Uma promessa de futuro

por Fábio Ramalho

O boom se tornou assunto recorrente. Sempre que alguém o enuncia, multiplica também os seus efeitos, pois ele é determinado não apenas pela concretude dos dados materiais, mas também – e talvez sobretudo – pela propagação do sentimento que celebra. Ele se realiza como antecipação: só existe quando acreditamos que o futuro se fez presente e, sendo assim, é indissociável da noção de progresso. Sua força é centrífuga, sua imagem é a de uma curva ascendente e seu movimento característico é o de expansão.

Uma vez proclamado, o boom pretende converter o futuro próximo em presente – atestando, portanto, uma aceleração – e apresentar o horizonte intangível como uma aspiração que se pretende factual. Sua força deriva da sugestão de longevidade. Paradoxalmente, ele é tanto a expressão de um contexto imediato quanto o indicador de uma tendência que não sobrevive se não é capaz de assegurar uma duração. Sendo assim, o olhar em perspectiva seria a única arma capaz de colocá-lo à prova. A distância temporal, por sua vez, é o lastro que o ratifica ou a força que o desmente.

O boom, portanto, coloca em circulação uma promessa de futuro – é aposta e especulação. Nos tempos que correm, é quase sempre apresentado sob a forma de uma explosão de consumo que é tão promissora quanto alarmante. Isso porque o anúncio do boom nos convida a comparar conquistas, mensurar ganhos e formular novas demandas, e se resulta em grande medida insustentável é porque leva à formulação de anseios mais ambiciosos que, dentro dessa lógica, não deixam de ser legítimos. Se sua razão, aliás, mostra-se em grande medida perversa é porque reverte algumas necessidades de formação – o acesso à educação, às viagens, à tecnologia, aos artefatos culturais – em objetivos que seriam alcançados pelo viés do tão incensado crescimento econômico, criando desse modo padrões de vida e expectativas que não estão asseguradas ou mesmo previstas pelo marco dos processos que o instauram.

Para seus defensores mais exacerbados, o boom eventualmente suscita delírios de grandeza que não suplantam nem redimem o complexo de inferioridade mas, pelo contrário, são a contrapartida mais óbvia deste último.
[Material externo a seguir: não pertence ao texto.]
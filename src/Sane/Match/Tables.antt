-- ===== src/Sane/Match/Tables.antt =====
-- The arrays st->opts and st->functions of src/scanbd/sane.c: one entry for each option of the
-- device, the first `count` of them in use, each with the number of its option.
use scanbd.Prelude.{
  ℕ, zero, suc, ◌≤◌, ◌<◌, ◌≡◌, refl, ap, ◌∙◌, inl, inr, List, [], ◌∷◌, ◌++◌, map, ◌==◌, ==_iff,
  ==_ne, Bool-cases, if◌then◌else◌, length, take, length-take, length-map, set, length-set,
  take-set, take-set_end, All, All-append, All-set, NotIn, Distinct, Distinct-snoc, pigeonhole,
  arith,
}
use mathlib.Core.List.{map-append}
use scanbd.Sane.Match.Search.{Slot}

-- The numbers of the options that a device has besides option 0.
abbrev pub InRange : ℕ → ℕ → Type 0
InRange n m = (0 < m) × (m < n)

pub Slot-le : (k opt : ℕ) (ns : List ℕ) {i : ℕ} → Slot k ns opt i → i ≤ k
Slot-le k opt ns (inl (lt, _)) = omega arith
Slot-le k opt ns (inr (end, _)) = omega arith

-- Distinct numbers of options leave room for one more.
pub numbers_room :
    (n opt : ℕ) (ns : List ℕ)
    → All (InRange n) ns
    → Distinct ns
    → NotIn opt ns
    → InRange n opt
    → suc (suc (length ns)) ≤ n
numbers_room n opt ns r d new o =
    pigeonhole n (opt ∷ 0 ∷ ns) (((λ e. omega (arith, e, o)), new), (positive ns r, d))
      (o.1, (omega (arith, o), below ns r))
  where
    positive : (ms : List ℕ) → All (InRange n) ms → NotIn 0 ms
    positive [] h = tt
    positive (m ∷ ms) h = ((λ e. omega (arith, h.0, e)), positive ms h.1)

    below : (ms : List ℕ) → All (InRange n) ms → All (λ m. m < n) ms
    below [] h = tt
    below (m ∷ ms) h = (h.0.1, below ms h.1)

-- The number of entries in use after an entry at `i`.
abbrev pub count_after : ℕ → ℕ → ℕ
count_after i count = if i == count then suc count else count

module _ {ℓ} {A : Type ℓ} (number : A → ℕ) where
  abbrev pub numbers : ℕ → List A → List ℕ
  numbers count xs = map number (take count xs)

  -- What holds of a table for the options of a device with `n` options.
  pub record IsTable (n count : ℕ) (xs : List A) : Type 0 where
    pub array : length xs ≡ n
    pub used : count ≤ n
    pub ranged : All (InRange n) (numbers count xs)

  pub length-numbers :
      (n count : ℕ) (xs : List A) → IsTable n count xs → length (numbers count xs) ≡ count
  length-numbers n count xs t =
      omega (arith, t.array, t.used, length-map number (take count xs), length-take count xs)

  map-set :
      (xs : List A) (i : ℕ) (v : A) → map number (set xs i v) ≡ set (map number xs) i (number v)
  map-set [] i v = refl
  map-set (x ∷ xs) zero v = refl
  map-set (x ∷ xs) (suc i) v = ap (◌∷◌ (number x)) (map-set xs i v)

  -- An entry in place of another.
  pub numbers-set :
      (count i : ℕ) (xs : List A) (v : A)
      → numbers count (set xs i v) ≡ set (numbers count xs) i (number v)
  numbers-set count i xs v = ap (map number) (take-set count i xs v) ∙ map-set (take count xs) i v

  -- An entry behind the used ones.
  pub numbers-set_end :
      (count : ℕ) (xs : List A) (v : A)
      → count < length xs
      → numbers (suc count) (set xs count v) ≡ numbers count xs ++ number v ∷ []
  numbers-set_end count xs v h =
      ap (map number) (take-set_end count xs v h) ∙ map-append number (take count xs) (v ∷ [])

  -- Behind the used entries there is room for an option that has none.
  pub Slot-room :
      (n count opt : ℕ) (xs : List A) {i : ℕ}
      → IsTable n count xs
      → Distinct (numbers count xs)
      → InRange n opt
      → Slot count (numbers count xs) opt i
      → i < n
  Slot-room n count opt xs t d o (inl (lt, _)) = omega (arith, lt, t.used)
  Slot-room n count opt xs t d o (inr (end, new)) = omega (
    arith,
    end,
    length-numbers n count xs t,
    numbers_room n opt (numbers count xs) t.ranged d new o,
  )

  -- The table after an entry at the slot that a search found.
  pub enter-IsTable :
      (n count opt : ℕ) (xs : List A) (v : A) {i : ℕ}
      → IsTable n count xs
      → number v ≡ opt
      → InRange n opt
      → i < n
      → i ≤ count
      → IsTable n (count_after i count) (set xs i v)
  enter-IsTable n count opt xs v {i} t e o room le = elim (Bool-cases (i == count)) [
    | inl end ↦ rw end (at_end ((==_iff _ _).0 end))
    | inr inside ↦ rw inside (record {
      array = length-set xs i v ∙ t.array;
      used = t.used;
      ranged =
          rw (numbers-set count i xs v)
            (All-set (InRange n) (numbers count xs) i (number v) (rw e o) t.ranged);
    })
  ]
    where
      at_end : i ≡ count → IsTable n (suc count) (set xs i v)
      at_end c = record {
        array = length-set xs i v ∙ t.array;
        used = omega (arith, c, room);
        ranged =
            rw (c, numbers-set_end count xs v (omega (arith, c, room, t.array)))
              (All-append (InRange n) (numbers count xs) (number v ∷ []) t.ranged (rw e o, tt));
      }

  -- The numbers stay distinct, wherever the array ends behind the slot.
  pub Slot-Distinct :
      (count opt : ℕ) (xs : List A) (v : A) {i : ℕ}
      → number v ≡ opt
      → i < length xs
      → Slot count (numbers count xs) opt i
      → Distinct (numbers count xs)
      → Distinct (numbers (count_after i count) (set xs i v))
  Slot-Distinct count opt xs v {i} e room (inl (lt, same)) d =
      rw (==_ne i count (omega arith), numbers-set count i xs v, e, same) d
  Slot-Distinct count opt xs v {i} e room (inr (end, new)) d =
      rw ((==_iff i count).1 end, end, numbers-set_end count xs v (omega (arith, room, end)), e)
        (Distinct-snoc (numbers count xs) opt d new)

  pub enter-Distinct :
      (n count opt : ℕ) (xs : List A) (v : A) {i : ℕ}
      → IsTable n count xs
      → number v ≡ opt
      → i < n
      → Slot count (numbers count xs) opt i
      → Distinct (numbers count xs)
      → Distinct (numbers (count_after i count) (set xs i v))
  enter-Distinct n count opt xs v t e room slot d =
      Slot-Distinct count opt xs v e (omega (arith, room, t.array)) slot d

  -- A property of the entries in use.
  pub All-enter {κ} :
      (P : A → Type κ) (count : ℕ) (xs : List A) (v : A) {i : ℕ}
      → i < length xs
      → i ≤ count
      → P v
      → All P (take count xs)
      → All P (take (count_after i count) (set xs i v))
  All-enter P count xs v {i} room le p h = elim (Bool-cases (i == count)) [
    | inl end ↦ rw end (at_end ((==_iff _ _).0 end))
    | inr inside ↦ rw (inside, take-set count i xs v) (All-set P (take count xs) i v p h)
  ]
    where
      at_end : i ≡ count → All P (take (suc count) (set xs i v))
      at_end c =
          rw (c, take-set_end count xs v (omega (arith, c, room)))
            (All-append P (take count xs) (v ∷ []) h (p, tt))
Quando centrada no poder de compra e no aumento da produção, essa fábula de ascensão é necessariamente predatória. É por isso que ao ouvir falar do boom é impossível não questionar o que viria depois dele. Não porque duvide da conjuntura que ele busca exprimir – seus efeitos são, infelizmente, bastante perceptíveis –, mas porque não posso deixar de me perguntar como seria possível cumprir as promessas que ele assinala, responder às crenças que o alimentam. A essa altura, temos todos os motivos para suspeitar que essa aposta constitui, na verdade, um blefe.